I recently came across someone with biz plan (essentially one-person with a
vague plan in his head and some details on a PPT) who has come here in Dubai
in search of funding and exploring clients. I tagged along with this founder
to a meeting with one such person - (I've never been involved even remotely
with any VC/angels/startups - so I'm not really sure if I'm reading your
description of middleman correctly) - and I was quite frankly there only to
learn how these kind of deals/discussions take place. I was essentially a
passive listener while the two of them discussed over coffee.

I was surprised by how it went. He asked for a 7% stake via some kind of a
nominee account in exchange of getting a funding of around $1M + some upfront
commission % off the actual funds he could get, and 25% stake for the
investors. More importantly he said something about this nominee account means
he is not listed as a stakeholder in any of company's legalities (I got the
impression that he'd not be held for any future liabilities, lawsuits etc) yet
he'd share in the profits....that part was confusing to me.

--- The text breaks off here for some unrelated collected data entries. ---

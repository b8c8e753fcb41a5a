-- ===== src/SkillListing.antt =====
-- packages/core/src/skill-listing.ts: which skills the skills extension lists.
pub mod Limits
mod Tests
use skillcdn.Common.{
  ℕ, ◌+◌, ◌*◌, Bool, true, false, ◌&&◌, not, List, [], ◌∷◌, ◌++◌, Option, none, some, ltb, is_empty,
  length, if◌then◌else◌,
}
use skillcdn.Text.{Text, codes, same}
use skillcdn.Text.Decimal.{decimal}
use skillcdn.RepoPath.{RepoPath}
use skillcdn.RepoLayout.{base_name, is_hidden_path}

abbrev pub skill_listing_max_files : ℕ
skill_listing_max_files = 512

abbrev pub skill_listing_max_bytes : ℕ
skill_listing_max_bytes = 16 * 1024 * 1024

pub data SkillListingProblem : Type 0 where
  name_directory_mismatch too_many_files too_large file_unavailable duplicate hidden uri_collision :
      SkillListingProblem

pub record SkillListingInput : Type 0 where
  pub directory : RepoPath
  pub name : Text
  pub sizes : List ℕ

-- `files.reduce((total, file) => total + file.size, 0)`.
unfoldable pub total_size : ℕ → List ℕ → ℕ
total_size total [] = total
total_size total (size ∷ sizes) = total_size (total + size) sizes

unfoldable pub skill_listing_problem : SkillListingInput → Option SkillListingProblem
unfolding total_size
skill_listing_problem input =
    if not (is_empty input.directory) && not (same (base_name input.directory) input.name)
    then some name_directory_mismatch
    else if ltb skill_listing_max_files (length input.sizes)
    then some too_many_files
    else if ltb skill_listing_max_bytes (total_size 0 input.sizes)
    then some too_large
    else none

pub record OverLimit : Type 0 where
  pub path : Text
  pub size : ℕ
  pub limit : ℕ

unfoldable pub describe_omitted_file : OverLimit → Text
unfolding decimal
describe_omitted_file file =
    file.path
    ++ (codes " is over the read limit ("
        ++ (decimal file.size
            ++ (codes " bytes; the limit is "
                ++ (decimal file.limit
                    ++ codes
                        ") and is left out of the skill; the served SKILL.md names it with where to fetch it."))))

unfoldable pub is_hidden_skill : RepoPath → Bool
is_hidden_skill directory = not (is_empty directory) && is_hidden_path directory

-- A detail in brackets, or nothing.
abbrev pub in_brackets : Option Text → Text
in_brackets none = []
in_brackets (some detail) = codes " (" ++ (detail ++ codes ")")

-- A detail behind some words, or nothing.
abbrev pub behind : Text → Option Text → Text
behind words none = []
behind words (some detail) = words ++ detail

unfoldable pub describe_listing_problem : SkillListingProblem → Option Text → Text
describe_listing_problem name_directory_mismatch detail =
    codes "Not listed through the skills extension: the directory must be named after the skill."
describe_listing_problem too_many_files detail =
    codes "Not listed through the skills extension: a skill may have at most 512 files."
describe_listing_problem too_large detail =
    codes "Not listed through the skills extension: a skill may total at most 16777216 bytes."
describe_listing_problem file_unavailable detail =
    codes "Not listed through the skills extension: a file of the skill could not be served whole"
    ++ (in_brackets detail ++ codes ".")
describe_listing_problem duplicate detail =
    codes "Listed once through the skills extension"
    ++ (behind (codes ", as ") detail ++ codes ": this copy is identical.")
describe_listing_problem hidden detail =
    codes
      "Not listed or searched: a skill under a hidden directory is discoverable only when the repository has no visible skill."
describe_listing_problem uri_collision detail =
    codes
      "Not listed through the skills extension: the repository has a directory named after the root skill"
    ++ (in_brackets detail ++ codes ".")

By all background checks, this guy seems like a well-connected investment
consultant who has worked on bigger deals and he indicated this nominee stake
thing in a off-hand way and said it was an industry norm. And all he would be
doing was take this business plan and pitch it to investors in his network.

And get this: there is no real way to even evaluate or even remotely
guesstimate the worth of this business, because as I said right now it's just
a plan in someone's head, a shoddy website and cheapjack PPT with nothing
really fleshed out.

What's the deal with this nominee stake thing? Certainly he needs to be
compensated for his efforts but 7% sounded a bit too much. But what do I know.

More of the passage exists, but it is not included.